§ **Work task**
Examine each line of the listing below. Copy those in which the string "none" appears.

+++ Materials provided

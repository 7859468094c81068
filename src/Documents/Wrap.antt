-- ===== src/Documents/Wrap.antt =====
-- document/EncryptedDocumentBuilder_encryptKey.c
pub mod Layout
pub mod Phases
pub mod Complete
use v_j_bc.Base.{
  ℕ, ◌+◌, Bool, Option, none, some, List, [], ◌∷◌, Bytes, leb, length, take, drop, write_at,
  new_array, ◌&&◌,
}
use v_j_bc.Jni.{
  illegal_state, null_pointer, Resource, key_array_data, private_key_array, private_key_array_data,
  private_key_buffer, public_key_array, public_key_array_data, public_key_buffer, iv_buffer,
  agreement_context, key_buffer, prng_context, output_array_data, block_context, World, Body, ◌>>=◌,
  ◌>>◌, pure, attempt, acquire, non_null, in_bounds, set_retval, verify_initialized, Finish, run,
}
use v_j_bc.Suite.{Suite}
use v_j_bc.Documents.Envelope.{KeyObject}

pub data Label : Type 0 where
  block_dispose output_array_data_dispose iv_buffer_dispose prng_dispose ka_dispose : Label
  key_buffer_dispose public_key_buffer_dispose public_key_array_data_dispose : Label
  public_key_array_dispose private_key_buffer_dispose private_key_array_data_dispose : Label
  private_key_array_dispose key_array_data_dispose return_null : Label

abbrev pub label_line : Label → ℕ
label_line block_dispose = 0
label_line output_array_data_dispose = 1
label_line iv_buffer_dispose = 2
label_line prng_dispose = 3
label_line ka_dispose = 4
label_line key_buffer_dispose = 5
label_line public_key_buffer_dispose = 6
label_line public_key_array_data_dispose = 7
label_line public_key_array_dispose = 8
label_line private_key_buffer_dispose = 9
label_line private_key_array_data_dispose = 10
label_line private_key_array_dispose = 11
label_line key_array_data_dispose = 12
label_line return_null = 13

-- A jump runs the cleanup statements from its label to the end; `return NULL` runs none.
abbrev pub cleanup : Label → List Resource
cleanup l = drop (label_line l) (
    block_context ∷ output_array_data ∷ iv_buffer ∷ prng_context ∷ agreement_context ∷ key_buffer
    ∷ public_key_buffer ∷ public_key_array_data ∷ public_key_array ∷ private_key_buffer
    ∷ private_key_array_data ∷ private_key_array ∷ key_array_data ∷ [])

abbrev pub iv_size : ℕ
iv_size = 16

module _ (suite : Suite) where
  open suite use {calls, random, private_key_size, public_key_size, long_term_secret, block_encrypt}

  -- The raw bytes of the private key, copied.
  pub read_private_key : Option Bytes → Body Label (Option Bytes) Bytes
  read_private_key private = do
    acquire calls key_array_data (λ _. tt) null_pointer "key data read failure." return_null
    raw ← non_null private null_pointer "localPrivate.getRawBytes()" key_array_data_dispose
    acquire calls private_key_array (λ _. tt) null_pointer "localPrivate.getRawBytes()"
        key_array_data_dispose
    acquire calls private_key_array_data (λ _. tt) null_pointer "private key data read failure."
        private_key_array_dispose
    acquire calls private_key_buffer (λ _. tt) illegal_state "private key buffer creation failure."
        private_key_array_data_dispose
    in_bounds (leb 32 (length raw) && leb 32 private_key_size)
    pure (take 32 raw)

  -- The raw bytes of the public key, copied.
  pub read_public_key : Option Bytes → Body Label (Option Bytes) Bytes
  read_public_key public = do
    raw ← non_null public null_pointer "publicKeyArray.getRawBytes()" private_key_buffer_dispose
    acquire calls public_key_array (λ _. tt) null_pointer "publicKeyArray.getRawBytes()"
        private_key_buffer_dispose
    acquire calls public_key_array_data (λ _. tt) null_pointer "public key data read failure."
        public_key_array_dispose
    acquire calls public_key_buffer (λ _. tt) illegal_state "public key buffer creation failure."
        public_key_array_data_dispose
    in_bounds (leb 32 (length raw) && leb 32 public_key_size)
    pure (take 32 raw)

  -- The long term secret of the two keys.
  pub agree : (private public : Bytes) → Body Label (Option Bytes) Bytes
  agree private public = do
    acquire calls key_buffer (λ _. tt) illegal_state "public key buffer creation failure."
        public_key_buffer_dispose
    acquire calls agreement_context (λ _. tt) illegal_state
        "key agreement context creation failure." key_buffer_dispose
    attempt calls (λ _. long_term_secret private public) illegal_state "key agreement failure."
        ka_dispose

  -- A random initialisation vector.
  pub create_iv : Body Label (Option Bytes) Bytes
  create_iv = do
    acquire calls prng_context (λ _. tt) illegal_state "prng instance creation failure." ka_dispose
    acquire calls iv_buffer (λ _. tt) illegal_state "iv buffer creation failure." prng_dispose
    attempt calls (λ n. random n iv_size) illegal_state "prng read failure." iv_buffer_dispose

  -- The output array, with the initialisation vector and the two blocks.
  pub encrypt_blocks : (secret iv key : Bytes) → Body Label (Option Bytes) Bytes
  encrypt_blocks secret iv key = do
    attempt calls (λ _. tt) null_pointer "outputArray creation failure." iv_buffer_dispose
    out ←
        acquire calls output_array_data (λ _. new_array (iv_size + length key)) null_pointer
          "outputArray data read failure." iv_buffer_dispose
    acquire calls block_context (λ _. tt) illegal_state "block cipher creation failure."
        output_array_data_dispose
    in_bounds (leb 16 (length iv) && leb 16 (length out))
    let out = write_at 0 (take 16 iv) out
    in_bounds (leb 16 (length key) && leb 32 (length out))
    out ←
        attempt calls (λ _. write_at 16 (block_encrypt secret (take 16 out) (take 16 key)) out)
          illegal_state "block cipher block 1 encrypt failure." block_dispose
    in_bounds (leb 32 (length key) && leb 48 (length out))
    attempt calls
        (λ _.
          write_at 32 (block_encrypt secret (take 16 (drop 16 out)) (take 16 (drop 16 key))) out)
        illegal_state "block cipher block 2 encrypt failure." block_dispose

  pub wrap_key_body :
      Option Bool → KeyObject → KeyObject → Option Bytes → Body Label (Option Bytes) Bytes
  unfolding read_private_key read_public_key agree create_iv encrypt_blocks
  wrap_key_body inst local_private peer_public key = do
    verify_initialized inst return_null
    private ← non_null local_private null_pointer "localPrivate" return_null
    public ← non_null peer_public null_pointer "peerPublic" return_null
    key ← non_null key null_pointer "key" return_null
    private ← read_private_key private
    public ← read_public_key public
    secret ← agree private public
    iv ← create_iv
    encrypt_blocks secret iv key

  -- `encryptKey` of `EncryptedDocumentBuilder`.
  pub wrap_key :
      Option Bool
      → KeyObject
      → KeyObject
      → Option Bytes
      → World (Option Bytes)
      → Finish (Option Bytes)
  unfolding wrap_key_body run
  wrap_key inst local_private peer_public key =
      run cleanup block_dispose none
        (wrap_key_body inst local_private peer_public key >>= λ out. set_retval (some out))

++++++

§ **Final answer**
  ℕ, ◌+◌, Bool, Option, none, some, List, [], ◌∷◌, Bytes, leb, length, take, drop, write_at,
-- A jump runs the cleanup statements from its label to the end; `return NULL` runs none.
      run cleanup block_dispose none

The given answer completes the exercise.